Even though they quite clearly don't understand and actually really don't get
HTTP. For example take the fact that it's nigh impossible to get the actual
request body in ASP.Net. Who's bright idea was that?

In reality every single interface, every single framework they've produced so
far has shown a woeful lack of understanding about the web in general and
pretty much how it's used outside their world. And I say this as someone who's
primarily programmed in VBScript, VB6, C#, Silverlight, ASP.Net and ASP.Net
MVC.

I keep almost jumping ship and then they just kinda fix it and I stick around
hoping they're not going to make the same mistakes. But they do, jeesus, MVCs
ajax stuff is unsurprisingly fucking awful.

But that's the problem with MVC and anything MS led, they don't get the web,
they don't get javascript, they keep making incredibly silly decisions.

A good example. Every time I hear 'unobtrusive' js, I just want to scream.
_They're_ the cause of this made up problem. No-one else was doing js like
that in 2010, no-one else needed unobtrusive javascript.
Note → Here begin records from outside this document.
-- ===== src/Termux/Handed.antt =====
-- The files that the recording of src/client/termux_api_player.cpp hands to the issuer thread.
use audio_router.Prelude.{
  ℕ, ◌+◌, ◌*◌, ◌^◌, ◌<◌, ◌≤◌, ◌≡◌, refl, sym, arith, true, false, not, ◌&&◌, ◌||◌, List, [], ◌∷◌,
  Option, none, some, ltb, leb, ◌==◌, if◌then◌else◌, if_elim, length,
}
use audio_router.Prelude.Word.{add64, mul64}
use audio_router.Config.{bytes_per_frame}
use audio_router.Termux.Segment.{
  PendingSegment, Recorder, Opening, opens, open_fails, size_fails, segment_ready,
  open_next_segment, discard_segment, finalize_segment, write_all, Call, Written, stopped,
  file_frame_bytes, issue, rotate, record_frames, write_frames, flush, restart, Event, write_call,
  flush_call, restart_call, take_job, step, noted, handed, prefill_ms,
}

-- The rate that the recording counts by.
abbrev pub rate_of : ℕ → ℕ
rate_of sample_rate = if ltb 0 sample_rate then sample_rate else 48000

-- At least 600 ms of audio.
abbrev pub HasPrefill : ℕ → PendingSegment → Type 0
HasPrefill sample_rate job = 600 * rate_of sample_rate ≤ job.frames * 1000

-- Each job belongs to a later file than the one before, and holds the prefill.
abbrev pub Fresh : (sample_rate last : ℕ) → List PendingSegment → Type 0
Fresh sample_rate last [] = Unit {0}
Fresh sample_rate last (job ∷ jobs) =
    (last < job.seg_index) × HasPrefill sample_rate job × Fresh sample_rate job.seg_index jobs

-- The last file handed over is not behind the recording, and is another one than the open file that
-- is not handed over.
abbrev IsAhead : ℕ → Recorder → Type 0
IsAhead last r =
    (last ≤ r.seg_index) × (r.has_file ≡ true → r.seg_issued ≡ false → last < r.seg_index)

-- The recorder after a step that began with the last file `last`, at the rate and with at most the index
-- `bound`.
abbrev After : (sample_rate bound last : ℕ) → Recorder → Type 0
After sample_rate bound last r =
    IsAhead last r × (r.config.sample_rate ≡ sample_rate) × (r.seg_index ≤ bound)

abbrev Handed : (sample_rate bound last : ℕ) → Recorder → Option PendingSegment → Type 0
Handed sample_rate bound last r none = After sample_rate bound last r
Handed sample_rate bound last r (some job) =
    (last < job.seg_index) × HasPrefill sample_rate job × After sample_rate bound job.seg_index r

open_next_segment-After :
    (s b last : ℕ) (r : Recorder) (opening : Opening) (now_ms : ℕ)
    → After s b last r
    → b + 1 < 2 ^ 64
    → After s (b + 1) last (open_next_segment r opening now_ms).1
unfolding open_next_segment
open_next_segment-After s b last r opens now_ms ((l, f), c, k) w =
    ((omega arith, λ _ _. omega arith), c, omega arith)
open_next_segment-After s b last r open_fails now_ms ((l, f), c, k) w =
    ((omega arith, λ e _. absurd (cc)), c, omega arith)
open_next_segment-After s b last r size_fails now_ms ((l, f), c, k) w =
    ((omega arith, λ e _. absurd (cc)), c, omega arith)

rotate-After :
    (s b last : ℕ) (r : Recorder) (opening : Opening) (now_ms : ℕ)
    → After s b last r
    → b + 1 < 2 ^ 64
    → After s (b + 1) last (rotate r opening now_ms)
unfolding rotate
rotate-After s b last r opening now_ms ((l, f), c, k) w =
    if_elim (After s (b + 1) last) (ltb 0 r.seg_total_frames && leb r.seg_total_frames r.seg_frames)
      _ _ (λ _. open_next_segment-After s b last r opening now_ms ((l, f), c, k) w)
      λ _. ((l, f), c, omega arith)

discard_segment-After :
    (s b last : ℕ) (r : Recorder) (now_ms : ℕ)
    → After s b last r
    → After s b last (discard_segment r now_ms)
unfolding discard_segment
discard_segment-After s b last r now_ms ((l, f), c, k) = ((l, λ e _. absurd (cc)), c, k)

-- The handover of a file.
abbrev HandedBy : (sample_rate bound last : ℕ) → Recorder × Option PendingSegment → Type 0
HandedBy s b last (r, job) = Handed s b last r job

ready_prefill :
    (frames sample_rate start now : ℕ)
    → segment_ready frames sample_rate start now prefill_ms ≡ true
    → 600 * rate_of sample_rate ≤ frames * 1000
unfolding segment_ready
ready_prefill frames sample_rate start now e = ground arith

issue-Handed :
    (s b last : ℕ) (r : Recorder) (now_ms : ℕ)
    → After s b last r
    → HandedBy s b last (issue r now_ms)
unfolding issue finalize_segment
issue-Handed s b last r now_ms ((l, f), c, k) =
    let ready =
      segment_ready r.seg_frames r.config.sample_rate r.seg_start_wall_ms now_ms prefill_ms in
    if_elim (HandedBy s b last) (not r.seg_issued && ready) _ _
      (λ e.
        if_elim (HandedBy s b last) (not r.has_file || r.seg_issued) _ _ (λ _. ((l, f), c, k))
          λ a. (
            f (ground arith) (ground arith),
            rw (sym c) (
                ready_prefill r.seg_frames r.config.sample_rate r.seg_start_wall_ms now_ms
                  (ground arith)),
            ((omega arith, λ _ u. absurd (cc)), c, k),
          ))
      λ _. ((l, f), c, k)

Handed-wider :
    (s b d last : ℕ) (r : Recorder) (job : Option PendingSegment)
    → b ≤ d
    → Handed s b last r job
    → Handed s d last r job
Handed-wider s b d last r none l (a, c, k) = (a, c, omega arith)
Handed-wider s b d last r (some job) l (u, p, (a, c, k)) = (u, p, (a, c, omega arith))

Handed-rotate :
    (s b last : ℕ) (r : Recorder) (job : Option PendingSegment) (opening : Opening) (now_ms : ℕ)
    → b + 1 < 2 ^ 64
    → Handed s b last r job
    → Handed s (b + 1) last (rotate r opening now_ms) job
Handed-rotate s b last r none opening now_ms w a = rotate-After s b last r opening now_ms a w
Handed-rotate s b last r (some job) opening now_ms w (u, p, a) =
    (u, p, rotate-After s b job.seg_index r opening now_ms a w)

abbrev WrittenBy : (sample_rate bound last : ℕ) → Written → Type 0
WrittenBy s b last w = Handed s b last w.recorder w.handed

WrittenBy-wider :
    (s b d last : ℕ) (w : Written) → b ≤ d → WrittenBy s b last w → WrittenBy s d last w
WrittenBy-wider s b d last w l h = Handed-wider s b d last w.recorder w.handed l h

record_frames-WrittenBy :
    (s b last : ℕ) (r : Recorder) (c : Call)
    → After s b last r
    → b + 1 < 2 ^ 64
    → WrittenBy s (b + 1) last (record_frames r c)
unfolding record_frames
record_frames-WrittenBy s b last r c a w =
    let stored = record r { seg_frames = add64 r.seg_frames c.num_frames } in
    let issued = issue stored c.ready_ms in
    if_elim (WrittenBy s (b + 1) last)
      (not (write_all c.results 0 (mul64 c.num_frames (file_frame_bytes r.config)))) _ _
      (λ _.
        Handed-wider s b (b + 1) last (discard_segment r c.discard_ms) none (omega arith)
          (discard_segment-After s b last r c.discard_ms a))
      λ _.
        Handed-rotate s b last (issued.0) (issued.1) c.next_opening c.next_ms w
          (issue-Handed s b last stored c.ready_ms a)

write_frames-WrittenBy :
    (s b last : ℕ) (r : Recorder) (c : Call)
    → After s b last r
    → b + 2 < 2 ^ 64
    → WrittenBy s (b + 2) last (write_frames r c)
unfolding write_frames
write_frames-WrittenBy s b last r c a w =
    let opened = open_next_segment r c.opening c.open_ms in
    let same : WrittenBy s (b + 2) last (stopped r) =
      Handed-wider s b (b + 2) last r none (omega arith) a in
    let next : After s (b + 1) last (opened.1) =
      open_next_segment-After s b last r c.opening c.open_ms a (omega arith) in
    if_elim (WrittenBy s (b + 2) last) (not c.has_pcm || c.num_frames == 0) _ _ (λ _. same)
      λ _.
        if_elim (WrittenBy s (b + 2) last) (not r.is_open) _ _ (λ _. same)
          λ _.
            if_elim (WrittenBy s (b + 2) last) (bytes_per_frame r.config == 0) _ _ (λ _. same)
              λ _.
                if_elim (WrittenBy s (b + 2) last) r.has_file _ _
                  (λ _.
                    WrittenBy-wider s (b + 1) (b + 2) last (record_frames r c) (omega arith)
                      (record_frames-WrittenBy s b last r c a (omega arith)))
                  λ _.
                    if_elim (WrittenBy s (b + 2) last) (opened.0) _ _
                      (λ _.
                        WrittenBy-wider s (b + 1 + 1) (b + 2) last (record_frames (opened.1) c)
                          (omega arith)
                          (record_frames-WrittenBy s (b + 1) last (opened.1) c next (omega arith)))
                      λ _. Handed-wider s (b + 1) (b + 2) last (opened.1) none (omega arith) next

step-Handed :
    (s b last : ℕ) (r : Recorder) (e : Event)
    → After s b last r
    → b + 2 < 2 ^ 64
    → HandedBy s (b + 2) last (step r e)
unfolding step flush restart
step-Handed s b last r (write_call c) a w = write_frames-WrittenBy s b last r c a w
step-Handed s b last r (flush_call t) a w =
    let wide = Handed-wider s b (b + 2) last r none (omega arith) a in
    if_elim (After s (b + 2) last) (not r.is_open) _ _ (λ _. wide)
      λ _.
        if_elim (λ (q : Recorder). After s (b + 2) last (record q { pending = none }))
          (ltb 0 r.seg_frames) (discard_segment r t) r
          (λ _. discard_segment-After s (b + 2) last r t wide) λ _. wide
step-Handed s b last r (restart_call t) a w =
    let wide = Handed-wider s b (b + 2) last r none (omega arith) a in
    if_elim (After s (b + 2) last) (r.is_open && ltb 0 r.seg_frames) _ _
      (λ _. discard_segment-After s (b + 2) last r t wide) λ _. wide
step-Handed s b last r take_job a w = Handed-wider s b (b + 2) last r none (omega arith) a

handed_from :
    (s b last : ℕ) (r : Recorder) (es : List Event)
    → After s b last r
    → b + 2 * length es < 2 ^ 64
    → Fresh s last (handed r es)
unfolding handed
handed_from s b last r [] a w = tt
handed_from s b last r (e ∷ es) a w =
    by_job ((step r e).1) (step-Handed s b last r e a (omega arith))
      (λ k h. handed_from s (b + 2) k ((step r e).0) es h (omega arith))
  where
    by_job :
        (job : Option PendingSegment)
        → Handed s (b + 2) last ((step r e).0) job
        → ((k : ℕ) → After s (b + 2) k ((step r e).0) → Fresh s k (handed ((step r e).0) es))
        → Fresh s last (noted job (handed ((step r e).0) es))
    by_job none h f = f last h
    by_job (some job) (u, p, h) f = (u, p, f job.seg_index h)

-- Whatever calls, flushes, restarts and takings come, and whatever the file system and the clock answer:
-- the files handed over have rising indices, so that none is handed over twice, and each holds at least
-- 600 ms of audio; from a recorder without an open file, while the index does not wrap.
pub handed-Fresh :
    (r : Recorder) (es : List Event)
    → r.has_file ≡ false
    → r.seg_index + 2 * length es < 2 ^ 64
    → Fresh r.config.sample_rate r.seg_index (handed r es)
handed-Fresh r es h w =
    handed_from r.config.sample_rate r.seg_index r.seg_index r es
      ((omega arith, λ e _. absurd (cc)), refl, omega arith) w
Just MS. There's no
such thing as unobtrusive javascript, there's just not writing idiotic magic
code like a fucking retard like MS constantly do when it comes to javascript.
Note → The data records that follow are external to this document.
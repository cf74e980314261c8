-- ===== src/Termux/Issuer.antt =====
-- The issuer thread, the watchdog and `close` of src/client/termux_api_player.cpp. What the commands to
-- the Termux app answer, and the clock, are arguments; the estimate of the latency is left out, since
-- nothing here depends on it.
use audio_router.Prelude.{
  ℕ, ◌+◌, ◌%◌, ◌≤◌, ◌<◌, ◌≡◌, ◌≢◌, arith, Bool, false, not, ◌||◌, Option, none, some, ltb, leb,
  ◌==◌, if◌then◌else◌,
}
use audio_router.Prelude.Word.{sub64}
use audio_router.Termux.Segment.{PendingSegment, Recorder, restart}

-- `kPoolSize`: the files of the recording are used in turn.
abbrev pub pool_size : ℕ
pool_size = 4

abbrev pub slot : ℕ → ℕ
slot seg_index = seg_index % pool_size

-- `MediaCommandOutcome`
pub record Outcome : Type 0 where
  pub delivered : Bool
  pub result_received : Bool

-- `prev` is the index of the file whose playing was confirmed last.
pub record Issuer : Type 0 where
  pub recorder : Recorder
  pub issued_frames : ℕ
  pub issue_wall_ms : ℕ  -- uint64_t
  pub result_channel : Bool
  pub consecutive_no_result : ℕ
  pub prev : Option ℕ
  pub last_recover_ms : ℕ  -- uint64_t

-- The player, and the file that was emptied.
pub record Issued : Type 0 where
  pub after : Issuer
  pub truncated : Option ℕ

abbrev pub old_file : Option ℕ → (seg_index : ℕ) → Option ℕ
old_file none j = none
old_file (some i) j = if slot i == slot j then none else some i

-- Behind a command that was delivered: with the app's own confirmation the file before is emptied; two
-- commands in a row without one end the use of the channel for results.
unfoldable pub on_delivered : PendingSegment → (now_ms : ℕ) → Outcome → Issuer → Issued
on_delivered job now_ms out s =
    let noted = record s { issue_wall_ms = now_ms; issued_frames = job.frames } in
    let misses = s.consecutive_no_result + 1 in
    if out.result_received
    then record {
      after = record noted { prev = some job.seg_index; consecutive_no_result = 0 };
      truncated = old_file s.prev job.seg_index;
    }
    else record {
      after = record noted {
        consecutive_no_result = misses;
        result_channel = if leb 2 misses then false else s.result_channel;
      };
      truncated = none;
    }

unfoldable pub issue_job : PendingSegment → (now_ms discard_ms : ℕ) → Outcome → Issuer → Issued
unfolding on_delivered
issue_job job now_ms discard_ms out s =
    let failed = record s { recorder = restart s.recorder discard_ms } in
    if out.delivered
    then on_delivered job now_ms out s
    else record { after = failed; truncated = none }

abbrev pub idle : Issuer → Issued
idle s = record { after = s; truncated = none }

-- `issuer_loop` takes the job first. While the command runs, the recording goes on: `recorded` is the
-- recorder behind it.
unfoldable pub issue_pending :
    Option PendingSegment → Recorder → (now_ms discard_ms : ℕ) → Outcome → Issuer → Issued
unfolding issue_job
issue_pending none recorded now_ms discard_ms out s = idle s
issue_pending (some job) recorded now_ms discard_ms out s =
    issue_job job now_ms discard_ms out (record s { recorder = recorded })

unfoldable pub issuer_round : Recorder → (now_ms discard_ms : ℕ) → Outcome → Issuer → Issued
unfolding issue_pending
issuer_round recorded now_ms discard_ms out s =
    issue_pending s.recorder.pending recorded now_ms discard_ms out s

-- What the app says of its player.
pub data Info : Type 0 where
  paused no_track playing : Info

-- A round of `watchdog_loop`: a paused player is resumed, and where nothing plays the recording starts
-- again at live sound, once in three seconds.
unfoldable pub on_info : Info → (now_ms discard_ms : ℕ) → Issuer → Issuer
on_info paused now_ms discard_ms s = s
on_info playing now_ms discard_ms s = s
on_info no_track now_ms discard_ms s =
    if ltb (sub64 now_ms s.last_recover_ms) 3000
    then s
    else record s { last_recover_ms = now_ms; recorder = restart s.recorder discard_ms }

unfoldable pub watchdog_round : Outcome → Info → (now_ms discard_ms : ℕ) → Issuer → Issuer
unfolding on_info
watchdog_round out info now_ms discard_ms s =
    if not s.recorder.is_open
    then s
    else if not s.result_channel || s.issued_frames == 0
    then s
    else if not out.delivered || not out.result_received
    then s
    else on_info info now_ms discard_ms s

-- `close`, behind the threads, and whether it asks the app to stop.
pub record Closed : Type 0 where
  pub after : Issuer
  pub stops : Bool

unfoldable pub close : Issuer → Closed
close s =
    let r = record s.recorder {
      is_open = false;
      has_file = false;
      seg_frames = 0;
      pending = none;
    } in
    if not s.recorder.is_open then record { after = s; stops = false } else record {
      after = record s { recorder = r; issued_frames = 0; issue_wall_ms = 0 };
      stops = ltb 0 s.issued_frames;
    }

-- The confirmed file is older than the waiting one, and the recording is less than a round of the pool
-- ahead of it.
abbrev pub IsClose : Option ℕ → (seg_index recording : ℕ) → Type 0
IsClose none j r = Unit {0}
IsClose (some i) j r = (i ≤ j) × (j ≤ r) × (r < i + pool_size)

-- A file is neither the one that the app plays nor the one that is being recorded.
abbrev pub IsSpare : Option ℕ → (seg_index recording : ℕ) → Type 0
IsSpare none j r = Unit {0}
IsSpare (some i) j r = (slot i ≢ slot j) × (slot i ≢ slot r)

old_file-IsSpare : (prev : Option ℕ) (j r : ℕ) → IsClose prev j r → IsSpare (old_file prev j) j r
old_file-IsSpare none j r c = tt
old_file-IsSpare (some i) j r c = ground arith

-- Where the file confirmed last is less than a round of the pool behind the recording when the command
-- has run, the issuer empties neither the file that it has just had played nor the one that is being
-- recorded, whatever the command answers.
pub issuer_round-IsSpare :
    (job : PendingSegment) (recorded : Recorder) (now_ms discard_ms : ℕ) (out : Outcome)
    (s : Issuer)
    → s.recorder.pending ≡ some job
    → IsClose s.prev job.seg_index recorded.seg_index
    → IsSpare
        (issuer_round recorded now_ms discard_ms out s).truncated
        job.seg_index
        recorded.seg_index
unfolding issuer_round issue_pending issue_job on_delivered
issuer_round-IsSpare job recorded now_ms discard_ms out s e c =
    rw e (ground (arith, old_file-IsSpare s.prev job.seg_index recorded.seg_index c))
And don't even get me started on their 'web services' or WCF. Both deserve to
die in a fire.

TL;DR; I love C#, think it's the best language available today by far. I hate
asp.net though.

------
louthy
It strikes me that there's a much simpler solution, and that is to use
TypeScript. It has all the VS intellisense that's required and none of the
boilerplate in the OP's solution.

<http://www.typescriptlang.org>

------
cincinnatus
There is already a node.js analogue that runs on .net and hosts .net
<https://github.com/jacksonh/manos>

Hasn't been updated in a long time. Not sure why it isn't getting any love,
maybe something better came along. Seems to me it should be more performant on
equal hardware.

------
gizzlon
I can't believe Javascrip is really _that_ awful that anyone would rather go
through all this trouble, rather than just write JS..

Maybe it has more to do with people being to reliant on IDE's, which he, kind
of, admits to anyway..

I can't believe that any IDE is _that_ great that anyone would rather go
through all this trouble, rather than just use something else..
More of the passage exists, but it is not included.